Problem to work on -
Starting with the line that contains "let small : n" and ending with the final line of the data below, print those lines exactly and nothing else.

Source material -
-- ===== src/Ingestion/Protocol/Framing.antt =====
-- What `send_raw` writes is what `read_packet` reads.
use qonduit.Common.{
  ℕ, ◌+◌, ◌%◌, ◌^◌, ◌<◌, ◌≡◌, refl, sym, ◌∙◌, [], ◌∷◌, ◌++◌, length, ltb, if◌then◌else◌, arith,
  append_assoc, length-append, take-append_self, drop-append_self, lt→ltb, le→leb,
}
use qonduit.Bytes.{Bytes, ok}
use qonduit.Bytes.Endian.{length-to_le}
use qonduit.Core.Header.{
  RequestResponseHeader, msg_type, dejavu, payload_size, new_request, to_bytes,
}
use qonduit.Core.Header.RoundTrip.{payload_size-new_request_iff, of_bytes-to_bytes}
use qonduit.Ingestion.Protocol.{send_raw, read_exact, read_packet}
use native.Mathlib.Nat.{mod-eq_of_lt}

read_exact-append :
    (xs rest : Bytes) (n : ℕ) → length xs ≡ n → read_exact n (xs ++ rest) ≡ ok (xs, rest)
unfolding read_exact
read_exact-append xs rest n h = rw (
  ← h,
  le→leb (length xs) (length (xs ++ rest)) (omega (arith, length-append xs rest)),
  take-append_self xs rest,
  drop-append_self xs rest,
)

length-to_bytes : (h : RequestResponseHeader) → length (to_bytes h) ≡ 8
unfolding to_bytes
length-to_bytes h = omega (arith, length-to_le 4 h.dejavu_word)

-- Reading a payload of the size in the header, zero included.
read_payload :
    (n : ℕ) (xs rest : Bytes)
    → length xs ≡ n
    → (if ltb 0 n then read_exact n (xs ++ rest) else ok ([], xs ++ rest)) ≡ ok (xs, rest)
read_payload n [] rest h = ground arith
read_payload n (x ∷ xs) rest h = rw (lt→ltb 0 n (omega arith)) (read_exact-append (x ∷ xs) rest n h)

-- A packet that fits the 24-bit size field is read back whole from the stream, with its type, its
-- correlation id and its payload, and the bytes behind it stay unread.
pub read_packet-send_raw :
    (t d : ℕ) (payload rest : Bytes)
    → d < 2 ^ 32
    → length payload + 8 < 2 ^ 24
    → read_packet (send_raw t payload d ++ rest)
      ≡ ok (record { msg_type = t; dejavu = d; payload = payload }, rest)
unfolding read_packet send_raw
read_packet-send_raw t d payload rest hd hp =
    let n = length payload % 2 ^ 32 in
    let header = new_request t n d in
    let small : n ≡ length payload = mod-eq_of_lt (omega arith) in
    let size : payload_size header ≡ length payload =
      (payload_size-new_request_iff t n d (omega arith)).1 (omega arith) ∙ small in
    rw
      (
        append_assoc (to_bytes header) payload rest,
        read_exact-append (to_bytes header) (payload ++ rest) 8 (length-to_bytes header),
        of_bytes-to_bytes header (unfold new_request in hd),
        read_payload (payload_size header) payload rest (sym size),
      )
      (unfold msg_type dejavu new_request in refl)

Problem solution -
    let small : n ≡ length payload = mod-eq_of_lt (omega arith) in
    let size : payload_size header ≡ length payload =
      (payload_size-new_request_iff t n d (omega arith)).1 (omega arith) ∙ small in
    rw
      (
        append_assoc (to_bytes header) payload rest,
        read_exact-append (to_bytes header) (payload ++ rest) 8 (length-to_bytes header),
        of_bytes-to_bytes header (unfold new_request in hd),
        read_payload (payload_size header) payload rest (sym size),
      )
      (unfold msg_type dejavu new_request in refl)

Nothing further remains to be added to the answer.